Но люди не хотят брать на себя заботы или тратить деньги, чтобы осуществить эти перемены, потому что не ощущают убожества, среди которого живут, потому что они деградировали и перестали быть людьми; они утратили мужество, так как искусство исчезло из их жизни.
И снова я скажу, что в этом отношении и богачи и бедняки обокрали самих себя. В наши дни вы можете встретить утонченного и высокообразованного человека, который путешествовал и по Италии, и по Египту, и вообще повсюду, который может довольно учено (а иногда и довольно причудливо) рассуждать об искусстве. Он досконально знаком со всеми тонкостями искусства и литературы прошлого, но без тени недовольства относится к дому, который, как и все его окружение, попросту страшно вульгарен и отвратителен: все его образование ничему его в этом вопросе не выучило.
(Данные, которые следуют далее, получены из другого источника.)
-- ===== src/Descriptors/Databases/Coverage.antt =====
-- Which sets are collected where.
use mathlib.Core.List.{append_assoc}
use pgscv.Base.{
  ◌≡◌, refl, sym, ap, ◌∙◌, inl, inr, Option-cases, String, true, false, Option, none, some, List,
  [], ◌∷◌, ◌++◌, arith, if◌then◌else◌, is_some, all,
}
use pgscv.Base.External.{Regexps, Floats}
use pgscv.Descriptors.{Prometheus}
use pgscv.Descriptors.Single.{Sent}
use pgscv.Descriptors.Multiple.{and_then}
use pgscv.Descriptors.Sets.{TypedDescSet}
use pgscv.Descriptors.Databases.{
  Server, update_single_desc_set, matches, update_database, update_databases,
  update_from_multiple_databases, update_sets, update_from_single_database, need_multiple_update,
  update_all_desc_sets,
}

and_then_assoc :
    {F : Floats} (a b c : Sent F) → and_then (and_then a b) c ≡ and_then a (and_then b c)
unfolding and_then
and_then_assoc none b c = refl
and_then_assoc (some ms) none c = refl
and_then_assoc (some ms) (some ns) none = refl
and_then_assoc (some ms) (some ns) (some os) = ap some (append_assoc ms ns os)

first_nothing : {F : Floats} (a : Sent F) → and_then (some []) a ≡ a
unfolding and_then
first_nothing none = refl
first_nothing (some ms) = refl

module _ ⦃R : Regexps⦄ ⦃F : Floats⦄ (prom : Prometheus) (server : Server) where
  -- Where to collect: a database by its name, or the configured one, and the set.
  abbrev pub Visits : Type 0
  Visits = List (Option String × TypedDescSet R F)

  -- All the visits, one after the other.
  abbrev pub collect_all : Visits → Sent F
  unfolding and_then
  collect_all [] = some []
  collect_all ((database, set) ∷ visits) =
      and_then (update_single_desc_set prom server database set) (collect_all visits)

  -- A database is visited for every set whose pattern matches it, and the configured database for every set
  -- that has no pattern.
  abbrev pub visits_to : String → List (TypedDescSet R F) → Visits
  visits_to database [] = []
  visits_to database (set ∷ sets) =
      let rest = visits_to database sets in
      if matches prom set.databases_re database then (some database, set) ∷ rest else rest

  abbrev pub visits_to_all : List String → List (TypedDescSet R F) → Visits
  visits_to_all [] sets = []
  visits_to_all (database ∷ databases) sets =
      visits_to database sets ++ visits_to_all databases sets

  abbrev pub visits_home : List (TypedDescSet R F) → Visits
  visits_home [] = []
  visits_home (set ∷ sets) =
      let rest = visits_home sets in if is_some set.databases_re then rest else (none, set) ∷ rest

  collect_all-append :
      (v w : Visits) → collect_all (v ++ w) ≡ and_then (collect_all v) (collect_all w)
  unfolding and_then
  collect_all-append [] w = sym (first_nothing (collect_all w))
  collect_all-append ((database, set) ∷ v) w =
      ap (and_then (update_single_desc_set prom server database set)) (collect_all-append v w)
      ∙ sym (
          and_then_assoc (update_single_desc_set prom server database set) (collect_all v)
            (collect_all w))

  update_database_lem :
      (database : String) (sets : List (TypedDescSet R F))
      → server.connects_to database ≡ true
      → update_database prom server database sets ≡ (collect_all (visits_to database sets), true)
  unfolding update_database
  update_database_lem database [] h = refl
  update_database_lem database (set ∷ sets) h = ground (arith, update_database_lem database sets)

  update_databases_lem :
      (databases : List String) (sets : List (TypedDescSet R F))
      → all server.connects_to databases ≡ true
      → update_databases prom server databases sets
        ≡ (collect_all (visits_to_all databases sets), true)
  unfolding update_databases
  update_databases_lem [] sets h = refl
  update_databases_lem (database ∷ databases) sets h = ground (
    arith,
    update_database_lem database sets,
    update_databases_lem databases sets,
    collect_all-append (visits_to database sets) (visits_to_all databases sets),
  )

  update_sets_lem :
      (sets : List (TypedDescSet R F))
      → update_sets prom server sets ≡ collect_all (visits_home sets)
  unfolding update_sets
  update_sets_lem [] = refl
  update_sets_lem (set ∷ sets) = ground (arith, update_sets_lem sets)

  -- Without a pattern in any set, no database is visited by its name.
  visits_to_none :
      (database : String) (sets : List (TypedDescSet R F))
      → need_multiple_update prom sets ≡ false
      → visits_to database sets ≡ []
  unfolding need_multiple_update
  visits_to_none database [] h = refl
  visits_to_none database (set ∷ sets) h = elim (Option-cases set.databases_re) [
    | inl nil ↦ ground (arith, visits_to_none database sets)
    | inr (re, given) ↦ ground arith
  ]

  visits_to_all_none :
      (databases : List String) (sets : List (TypedDescSet R F))
      → need_multiple_update prom sets ≡ false
      → visits_to_all databases sets ≡ []
  visits_to_all_none [] sets h = refl
  visits_to_all_none (database ∷ databases) sets h =
      rw (visits_to_none database sets h) (visits_to_all_none databases sets h)

  -- On a server where every connection is made, the sets with a pattern are collected in each database
  -- that the pattern matches, database by database, and then the sets without one in the configured
  -- database: each exactly once.
  pub update_all_desc_sets_lem :
      (databases : List String) (sets : List (TypedDescSet R F))
      → server.connects ≡ true
      → server.parses ≡ true
      → server.databases ≡ some databases
      → all server.connects_to databases ≡ true
      → update_all_desc_sets prom server sets
        ≡ collect_all (visits_to_all databases sets ++ visits_home sets)
  unfolding update_all_desc_sets update_from_multiple_databases update_from_single_database and_then
  update_all_desc_sets_lem databases sets connects parses listed all_connect = ground (
    arith,
    update_databases_lem databases sets all_connect,
    update_sets_lem sets,
    visits_to_all_none databases sets,
    collect_all-append (visits_to_all databases sets) (visits_home sets),
    first_nothing (collect_all (visits_home sets)),
  )
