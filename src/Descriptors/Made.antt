-- ===== src/Descriptors/Made.antt =====
-- Which metrics are made.
use pgscv.Base.{
  ◌≡◌, String, Bool, true, not, ◌&&◌, none, some, List, [], ◌∷◌, arith, ◌==◌, string_eq, nat_eq,
  if◌then◌else◌, length,
}
use pgscv.Base.External.{Regexps, Floats}
use pgscv.Filter.{Filters, pass}
use pgscv.Descriptors.{
  Prometheus, TypedDesc, Metric, names, filter_at, has_filter, new_const_metric,
}

module _ ⦃R : Regexps⦄ where
  -- Each label value passes the filter of its label.
  abbrev pub all_pass : Filters R → List String → List String → Bool
  all_pass filters (key ∷ keys) (v ∷ values) =
      pass (filter_at key filters) v && all_pass filters keys values
  all_pass filters _ _ = true

  has_filter-all_pass :
      (filters : Filters R) (keys values : List String)
      → length keys ≡ length values
      → has_filter filters keys values ≡ some (not (all_pass filters keys values))
  unfolding has_filter
  has_filter-all_pass filters [] values h = ground arith
  has_filter-all_pass filters (key ∷ keys) [] h = ground arith
  has_filter-all_pass filters (key ∷ keys) (v ∷ values) h =
      ground (arith, has_filter-all_pass filters keys values)

module _ ⦃R : Regexps⦄ ⦃F : Floats⦄ (prom : Prometheus) where
  -- The label values are one for each label, pass the filters and are taken by the client library.
  abbrev pub is_made : TypedDesc R F → List String → Bool
  is_made d values =
      length (names d.label_names) == length values
      && all_pass d.filters (names d.label_names) values
      && prom.accepts d.desc values

  abbrev pub metric_of : TypedDesc R F → F.Float → List String → Metric F
  metric_of d v values = record {
    desc = d.desc;
    value_type = d.value_type;
    value = if F.is_zero d.factor then v else F.mul v d.factor;
    label_values = values;
  }

  -- Making a metric never panics. There is a metric exactly when there is one value for each label, every
  -- value passes the filter of its label, and the client library takes them; its value is scaled by the
  -- factor unless that is zero.
  pub new_const_metric_lem :
      (d : TypedDesc R F) (v : F.Float) (values : List String)
      → new_const_metric prom d v values
        ≡ some (if is_made d values then some (metric_of d v values) else none)
  unfolding new_const_metric
  new_const_metric_lem d v values =
      ground (arith, has_filter-all_pass d.filters (names d.label_names) values)
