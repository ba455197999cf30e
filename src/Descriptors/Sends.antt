-- ===== src/Descriptors/Sends.antt =====
-- What is sent where nothing panics.
use pgscv.Base.{
  ◌≡◌, refl, ap, String, Option, none, some, List, [], ◌∷◌, ◌++◌, arith, if◌then◌else◌,
}
use pgscv.Base.External.{Regexps, Floats}
use pgscv.Collector.Pool.{send}
use pgscv.Descriptors.{Prometheus, TypedDesc, Metric}
use pgscv.Descriptors.Made.{is_made, metric_of}
use pgscv.Descriptors.Single.{Sent}
use pgscv.Descriptors.Multiple.{and_then}

-- Nothing panics, and the metrics that are not nil are these.
abbrev pub Sends : {F : Floats} → Sent F → List (Metric F) → Type 0
Sends {F} sent metrics = (ms : List (Option (Metric F))) × (sent ≡ some ms) × (send ms ≡ metrics)

send-append : {F : Floats} (xs ys : List (Option (Metric F))) → send (xs ++ ys) ≡ send xs ++ send ys
unfolding send
send-append [] ys = refl
send-append (none ∷ xs) ys = send-append xs ys
send-append (some m ∷ xs) ys = ap (λ ms. m ∷ ms) (send-append xs ys)

pub and_then-Sends :
    {F : Floats} {a b : Sent F} {xs ys : List (Metric F)}
    → Sends a xs
    → Sends b ys
    → Sends (and_then a b) (xs ++ ys)
unfolding and_then
and_then-Sends (ms, e, f) (ns, g, h) =
    (ms ++ ns, ground (arith, e, g), ground (arith, send-append ms ns, f, h))

-- The metric, if the filters and the client library let it pass.
abbrev pub made :
    ⦃R : Regexps⦄ ⦃F : Floats⦄
    → Prometheus
    → TypedDesc R F
    → F.Float
    → List String
    → List (Metric F)
made prom d v values = if is_made prom d values then metric_of prom d v values ∷ [] else []
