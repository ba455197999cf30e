-- ===== src/Discovery/Types.antt =====
-- The data that the parts of the discovery exchange.
pub mod LastLabel
use pgscv.Base.{ℕ, ◌%◌, String, Option, List, [], ◌∷◌, string_eq}
use pgscv.Base.Dict
use pgscv.Base.Dict.{Dict}

pub record Label : Type 0 where
  pub name : String
  pub value : String

-- `discovery.Service`
pub record Service : Type 0 where
  pub dsn : String
  pub const_labels : Dict String String
  pub target_labels : Dict String String

-- `clusterDSN`
pub record ClusterDsn : Type 0 where
  pub dsn : String
  pub name : String
  pub labels : List Label

abbrev pub zero_dsn : ClusterDsn
zero_dsn = record { dsn = ""; name = ""; labels = [] }

-- A loop `for _, item := range labels { m[item.Name] = item.Value }` over a new map. The last of two
-- equal names wins.
unfoldable pub set_labels : List Label → Dict String String → Dict String String
set_labels [] m = m
set_labels (item ∷ labels) m = set_labels labels (Dict.insert item.name item.value m)

-- `version`, a uint64
abbrev pub u64 : ℕ → ℕ
u64 n = n % 18446744073709551616

-- `yandexEngine`, without the SDK handle. `dsn` is keyed by `hostDb`.
pub record Engine : Type 0 where
  pub user : String
  pub password : String
  pub target_labels : Option (List Label)
  pub dsn : Dict String ClusterDsn
  pub version : ℕ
Истина же в том, что в искусстве, равно как и в иных сферах, утонченное образование немногих не помогает даже им подняться над злом, сопровождающим невежество громадных масс населения. И бескультурье, которое столь мощными пластами отложилось в низах и проклятием легло на наши улицы, на облик домов бедноты, дает о себе знать и среди тех, кто способствовал накоплению этого бескультурья, даже если и не соскабливать с них шелуху самовлюбленной утонченности. Это бескультурье находит себе отличное дополнение в монотонности и пошлости буржуазных кварталов и в удвоенной монотонности и не меньшей пошлости аристократических жилищ.
Да, именно так и должно быть, и все это понятно и вполне объяснимо. Но богачи при их возможностях могут переехать в другие дома, как только они ощутят нужду в этом. Но переедем ли и мы в другие дома вместе с ними? Переедем ли мы все? Есть ли у нас для этого средства?
Что можно противопоставить порокам цивилизации, если не дальнейшее развитие цивилизации? Но не думаете ли вы, что в той же Англии развитие цивилизации дошло до логического конца?
Когда начнутся какие-нибудь перемены, — а это может произойти быстрее, чем думает большинство людей, — то, без сомнения, просвещение будет развиваться и качественно и количественно. И, возможно, если XIX век должен быть назван коммерческим веком, то XX век может оказаться веком просвещения. Теперь общепризнано, что образование не завершается окончанием школы. Однако можно ли по-настоящему просвещать людей, которые по своему образу жизни походят на машины и имеют возможность думать только в немногие часы отдыха, которые, короче говоря, тратят большую часть своей жизни на труд, неспособный развивать ни их тело, ни душу? Вы не сможете ни воспитывать людей, ни делать их культурными, если не сумеете приобщить их к искусству.